--- Task to complete ---
Only the lines with "twice" in the entries below belong in the answer; please copy them.

--- Extracted information ---
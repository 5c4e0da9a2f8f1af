-- ===== src/Math/Transpose.antt =====
-- Transposing a grid of tiles.
use tt_lang.Prelude.{
  ℕ, zero, suc, ◌+◌, ◌*◌, ◌≤◌, ◌<◌, ◌≡◌, refl, ap, ap₂, ◌∙◌, List, [], ◌∷◌, ◌++◌, map, rows,
  count_up, concat_map, get_elem?, get_elem?-rows, Outcome, ok, raise, bind_ok, bind_ok-eq-ok,
  ok-injective, arith,
}
use tt_lang.Block.Store.{found}
use tt_lang.Math.{gather, transpose_tiles}
use mathlib.Core.List.{map-append}

module _ {A : Type 0} where
  gather-append :
      (os ps : List (Outcome A)) {as' bs : List A}
      → gather os ≡ ok as'
      → gather ps ≡ ok bs
      → gather (os ++ ps) ≡ ok (as' ++ bs)
  gather-append [] ps {bs = bs} e f = f ∙ ap (λ u. ok (u ++ bs)) (ok-injective e)
  gather-append (ok a ∷ os) ps {bs = bs} e f =
      let (rest, e₁, e₂) = bind_ok-eq-ok (gather os) (λ rest. ok (a ∷ rest)) e in
      ap (λ o. bind_ok o (λ rest. ok (a ∷ rest))) (gather-append os ps e₁ f)
      ∙ ap (λ u. ok (u ++ bs)) (ok-injective e₂)
  gather-append (raise x ∷ os) ps e f = absurd (cc)

  module _ (f : ℕ → ℕ → Outcome A) (g : ℕ → ℕ → A) (h w : ℕ)
      (same : (y x : ℕ) → y < h → x < w → f y x ≡ ok (g y x)) where
    pub gather-row :
        (y x n : ℕ)
        → y < h
        → x + n ≤ w
        → gather (map (f y) (count_up x n)) ≡ ok (map (g y) (count_up x n))
    gather-row y x zero l k = refl
    gather-row y x (suc n) l k =
        rw (same y x l (omega arith), gather-row y (suc x) n l (omega arith)) refl

    gather-rest :
        (y n : ℕ)
        → y + n ≤ h
        → gather (concat_map (λ y. map (f y) (count_up 0 w)) (count_up y n))
          ≡ ok (concat_map (λ y. map (g y) (count_up 0 w)) (count_up y n))
    gather-rest y zero k = refl
    gather-rest y (suc n) k =
        gather-append (map (f y) (count_up 0 w)) _ (gather-row y 0 w (omega arith) (omega arith))
          (gather-rest (suc y) n (omega arith))

    pub gather-rows : gather (rows f h w) ≡ ok (rows g h w)
    gather-rows = gather-rest 0 h (omega arith)

  pub map-rows :
      {B : Type 0} (k : A → B) (f : ℕ → ℕ → A) (h w : ℕ)
      → map k (rows f h w) ≡ rows (λ y x. k (f y x)) h w
  map-rows k f h w = rest (count_up 0 h)
    where
      row : (y : ℕ) (xs : List ℕ) → map k (map (f y) xs) ≡ map (λ x. k (f y x)) xs
      row y [] = refl
      row y (x ∷ xs) = ap (λ r. k (f y x) ∷ r) (row y xs)

      rest :
          (ys : List ℕ)
          → map k (concat_map (λ y. map (f y) (count_up 0 w)) ys)
            ≡ concat_map (λ y. map (λ x. k (f y x)) (count_up 0 w)) ys
      rest [] = refl
      rest (y ∷ ys) =
          map-append k (map (f y) (count_up 0 w)) _
          ∙ ap₂ (λ u v. u ++ v) (row y (count_up 0 w)) (rest ys)

  transpose_tiles-rows :
      (flip : A → A) (a : ℕ → ℕ → A) (m n : ℕ)
      → transpose_tiles flip m n (rows a m n) ≡ ok (rows (λ j i. flip (a i j)) n m)
  unfolding transpose_tiles
  transpose_tiles-rows flip a m n =
      gather-rows _ (λ j i. flip (a i j)) n m
        λ j i l k.
          ap (λ ts. found (get_elem? ts (i * n + j))) (map-rows flip a m n)
          ∙ ap found (get_elem?-rows (λ y x. flip (a y x)) m n i j k l)

  -- The tile of row `i` and column `j` is turned and goes to row `j` and column `i`; if turning a tile
  -- twice gives it back, transposing a grid of tiles twice gives it back.
  transpose_tiles-twice :
      (flip : A → A) (a : ℕ → ℕ → A) (m n : ℕ)
      → ((v : A) → flip (flip v) ≡ v)
      → (transpose_tiles flip m n (rows a m n) ≡ ok (rows (λ j i. flip (a i j)) n m))
        × (bind_ok (transpose_tiles flip m n (rows a m n)) (transpose_tiles flip n m)
            ≡ ok (rows a m n))
  transpose_tiles-twice flip a m n back =
      let once = transpose_tiles-rows flip a m n in
      (
        once,
        ap (λ o. bind_ok o (transpose_tiles flip n m)) once
            ∙ transpose_tiles-rows flip (λ j i. flip (a i j)) n m
            ∙ ap (λ f. ok (rows f m n)) (λ t i j. back (a i j) t),
      )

--- Your solution ---
  -- twice gives it back, transposing a grid of tiles twice gives it back.
  transpose_tiles-twice :
  transpose_tiles-twice flip a m n back =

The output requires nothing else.